= Exercise description =
Please output each entry in the material beneath exactly as shown.

= Records for the exercise =
--- START ---

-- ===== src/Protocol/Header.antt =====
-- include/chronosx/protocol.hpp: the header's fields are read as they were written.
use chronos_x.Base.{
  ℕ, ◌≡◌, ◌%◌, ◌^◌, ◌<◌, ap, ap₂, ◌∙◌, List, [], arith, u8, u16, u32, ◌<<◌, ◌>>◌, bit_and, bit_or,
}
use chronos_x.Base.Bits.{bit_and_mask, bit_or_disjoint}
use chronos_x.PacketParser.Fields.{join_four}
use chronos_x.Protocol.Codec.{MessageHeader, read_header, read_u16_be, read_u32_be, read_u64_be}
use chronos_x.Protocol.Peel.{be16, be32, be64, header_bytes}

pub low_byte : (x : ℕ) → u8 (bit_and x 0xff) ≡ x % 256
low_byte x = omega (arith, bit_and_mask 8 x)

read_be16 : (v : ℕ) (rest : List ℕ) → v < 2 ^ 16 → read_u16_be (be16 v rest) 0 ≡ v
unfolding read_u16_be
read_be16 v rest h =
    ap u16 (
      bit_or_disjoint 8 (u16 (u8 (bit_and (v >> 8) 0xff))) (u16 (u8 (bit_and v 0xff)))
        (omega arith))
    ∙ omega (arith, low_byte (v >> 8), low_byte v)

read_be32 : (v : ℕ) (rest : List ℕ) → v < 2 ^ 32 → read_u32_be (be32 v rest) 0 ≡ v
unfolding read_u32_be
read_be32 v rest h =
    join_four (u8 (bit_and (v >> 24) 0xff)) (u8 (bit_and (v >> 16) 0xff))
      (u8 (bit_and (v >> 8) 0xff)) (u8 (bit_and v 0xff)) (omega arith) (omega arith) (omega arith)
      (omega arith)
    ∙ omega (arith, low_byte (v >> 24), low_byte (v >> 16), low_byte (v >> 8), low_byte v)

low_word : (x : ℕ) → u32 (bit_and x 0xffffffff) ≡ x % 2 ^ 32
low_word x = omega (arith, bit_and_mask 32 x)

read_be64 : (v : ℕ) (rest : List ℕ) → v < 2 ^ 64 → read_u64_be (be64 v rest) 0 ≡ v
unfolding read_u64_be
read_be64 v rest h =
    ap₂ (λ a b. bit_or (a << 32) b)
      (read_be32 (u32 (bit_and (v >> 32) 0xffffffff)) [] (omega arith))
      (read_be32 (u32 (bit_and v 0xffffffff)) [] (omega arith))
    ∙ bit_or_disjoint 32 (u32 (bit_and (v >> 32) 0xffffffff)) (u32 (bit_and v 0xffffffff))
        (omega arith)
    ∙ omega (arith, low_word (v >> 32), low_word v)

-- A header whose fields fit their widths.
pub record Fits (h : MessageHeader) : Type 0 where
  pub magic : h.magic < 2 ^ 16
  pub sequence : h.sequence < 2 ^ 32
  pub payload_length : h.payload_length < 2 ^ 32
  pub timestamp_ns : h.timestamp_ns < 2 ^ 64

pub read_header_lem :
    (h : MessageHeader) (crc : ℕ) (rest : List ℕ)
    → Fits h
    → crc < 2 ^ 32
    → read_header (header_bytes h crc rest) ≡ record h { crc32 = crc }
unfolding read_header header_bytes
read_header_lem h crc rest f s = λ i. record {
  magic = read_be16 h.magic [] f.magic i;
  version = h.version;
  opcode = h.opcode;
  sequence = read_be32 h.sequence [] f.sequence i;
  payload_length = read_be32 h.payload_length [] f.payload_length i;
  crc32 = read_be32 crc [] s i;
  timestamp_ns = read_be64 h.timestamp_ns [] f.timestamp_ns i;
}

--- END ---

= Exercise result =
-- ===== src/Protocol/Header.antt =====
-- include/chronosx/protocol.hpp: the header's fields are read as they were written.
use chronos_x.Base.{
  ℕ, ◌≡◌, ◌%◌, ◌^◌, ◌<◌, ap, ap₂, ◌∙◌, List, [], arith, u8, u16, u32, ◌<<◌, ◌>>◌, bit_and, bit_or,
}
use chronos_x.Base.Bits.{bit_and_mask, bit_or_disjoint}
use chronos_x.PacketParser.Fields.{join_four}
use chronos_x.Protocol.Codec.{MessageHeader, read_header, read_u16_be, read_u32_be, read_u64_be}
use chronos_x.Protocol.Peel.{be16, be32, be64, header_bytes}

pub low_byte : (x : ℕ) → u8 (bit_and x 0xff) ≡ x % 256
low_byte x = omega (arith, bit_and_mask 8 x)

read_be16 : (v : ℕ) (rest : List ℕ) → v < 2 ^ 16 → read_u16_be (be16 v rest) 0 ≡ v
unfolding read_u16_be
read_be16 v rest h =
    ap u16 (
      bit_or_disjoint 8 (u16 (u8 (bit_and (v >> 8) 0xff))) (u16 (u8 (bit_and v 0xff)))
        (omega arith))
    ∙ omega (arith, low_byte (v >> 8), low_byte v)

read_be32 : (v : ℕ) (rest : List ℕ) → v < 2 ^ 32 → read_u32_be (be32 v rest) 0 ≡ v
unfolding read_u32_be
read_be32 v rest h =
    join_four (u8 (bit_and (v >> 24) 0xff)) (u8 (bit_and (v >> 16) 0xff))
      (u8 (bit_and (v >> 8) 0xff)) (u8 (bit_and v 0xff)) (omega arith) (omega arith) (omega arith)
      (omega arith)
    ∙ omega (arith, low_byte (v >> 24), low_byte (v >> 16), low_byte (v >> 8), low_byte v)

low_word : (x : ℕ) → u32 (bit_and x 0xffffffff) ≡ x % 2 ^ 32
low_word x = omega (arith, bit_and_mask 32 x)

read_be64 : (v : ℕ) (rest : List ℕ) → v < 2 ^ 64 → read_u64_be (be64 v rest) 0 ≡ v
unfolding read_u64_be
read_be64 v rest h =
    ap₂ (λ a b. bit_or (a << 32) b)
      (read_be32 (u32 (bit_and (v >> 32) 0xffffffff)) [] (omega arith))
      (read_be32 (u32 (bit_and v 0xffffffff)) [] (omega arith))
    ∙ bit_or_disjoint 32 (u32 (bit_and (v >> 32) 0xffffffff)) (u32 (bit_and v 0xffffffff))
        (omega arith)
    ∙ omega (arith, low_word (v >> 32), low_word v)

-- A header whose fields fit their widths.
pub record Fits (h : MessageHeader) : Type 0 where
  pub magic : h.magic < 2 ^ 16
  pub sequence : h.sequence < 2 ^ 32
  pub payload_length : h.payload_length < 2 ^ 32
  pub timestamp_ns : h.timestamp_ns < 2 ^ 64

pub read_header_lem :
    (h : MessageHeader) (crc : ℕ) (rest : List ℕ)
    → Fits h
    → crc < 2 ^ 32
    → read_header (header_bytes h crc rest) ≡ record h { crc32 = crc }
unfolding read_header header_bytes
read_header_lem h crc rest f s = λ i. record {
  magic = read_be16 h.magic [] f.magic i;
  version = h.version;
  opcode = h.opcode;
  sequence = read_be32 h.sequence [] f.sequence i;
  payload_length = read_be32 h.payload_length [] f.payload_length i;
  crc32 = read_be32 crc [] s i;
  timestamp_ns = read_be64 h.timestamp_ns [] f.timestamp_ns i;
}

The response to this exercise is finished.